_WHAT THE EXERCISE ASKS_. Throughout the records below, find each line holding "prototype" and copy it.

_SUPPLIED MATERIAL_.
........
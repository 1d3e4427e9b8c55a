-- ===== src/PropertyPath/Tests.antt =====
-- Paths at concrete inputs: a tree of named parts, in which a path is read.
use perfect_ws.Base.{
  ◌≡◌, refl, Bool, true, false, Option, none, some, List, [], ◌∷◌, map, if◌then◌else◌, nat_eq,
  string_eq,
}
use perfect_ws.PropertyPath.{
  Text, Key, name, symbol, backslash, dot, bang, escape_segment, encode_path_key, split_path,
  unescape, decode_path_key, join, text_beq, is_forbidden_property_key, get_step, get_segments,
  get_property,
}
use perfect_ws.PropertyPath.RoundTrip.{IsKnown, AreKnown}
use perfect_ws.PropertyPath.Access.{follow, Leads, get_property-follow, get_property-Leads}

abbrev a_dot_b : Text
a_dot_b = b'a' ∷ b'.' ∷ b'b' ∷ []

abbrev proto : Text
proto = b'_' ∷ b'_' ∷ b'p' ∷ b'r' ∷ b'o' ∷ b't' ∷ b'o' ∷ b'_' ∷ b'_' ∷ []

data Thing : Type 0 where
  root part leaf prototype : Thing

is_object_like : Thing → Bool
is_object_like leaf = false
is_object_like _ = true

has_own : Thing → Key → Bool
unfolding text_beq
has_own root (name k) = text_beq k a_dot_b
has_own part (symbol k) = text_beq k (b's' ∷ [])
has_own _ _ = false

-- Every name that an object has not itself is read from its prototype.
read : Thing → Key → Option Thing
unfolding text_beq
read root (name k) = if text_beq k a_dot_b then some part else some prototype
read part (symbol k) = if text_beq k (b's' ∷ []) then some leaf else none
read part (name k) = some prototype
read _ _ = none

known : Text → Option Text
unfolding text_beq
known k = if text_beq k (b's' ∷ []) then some k else none

abbrev keys : List Key
keys = name a_dot_b ∷ symbol (b's' ∷ []) ∷ []

abbrev path : Text
path = b'a' ∷ backslash ∷ b'.' ∷ b'b' ∷ dot ∷ bang ∷ b's' ∷ []

computing : Unit {0}
unfolding is_object_like has_own read known escape_segment encode_path_key split_path
    decode_path_key join text_beq get_property get_segments get_step unescape
    is_forbidden_property_key follow
computing = tt

keys_written : join (map encode_path_key keys) ≡ path
unfolding computing
keys_written = refl

path_read : get_property is_object_like has_own read known root path ≡ some leaf
unfolding computing
path_read = refl

proto_refused : get_property is_object_like has_own read known root proto ≡ none
unfolding computing
proto_refused = refl

-- An object inherits a property of the name `a`, which no path reads.
inherited_refused :
    (read root (name (b'a' ∷ [])) ≡ some prototype)
    × (get_property is_object_like has_own read known root (b'a' ∷ []) ≡ none)
unfolding computing
inherited_refused = (refl, refl)

every_known : AreKnown known keys
unfolding computing IsKnown
every_known = (tt, (refl, tt))

get_property-follow_example :
    get_property is_object_like has_own read known root (join (map encode_path_key keys))
    ≡ follow is_object_like has_own read root keys
get_property-follow_example =
    get_property-follow is_object_like has_own read known root (name a_dot_b)
      (symbol (b's' ∷ []) ∷ []) every_known

get_property-Leads_example : Leads is_object_like has_own read root leaf
unfolding computing
get_property-Leads_example =
    get_property-Leads is_object_like has_own read known root leaf path refl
........
_SOLUTION TO THIS EXERCISE_.
  root part leaf prototype : Thing
-- Every name that an object has not itself is read from its prototype.
read root (name k) = if text_beq k a_dot_b then some part else some prototype
read part (name k) = some prototype
    (read root (name (b'a' ∷ [])) ≡ some prototype)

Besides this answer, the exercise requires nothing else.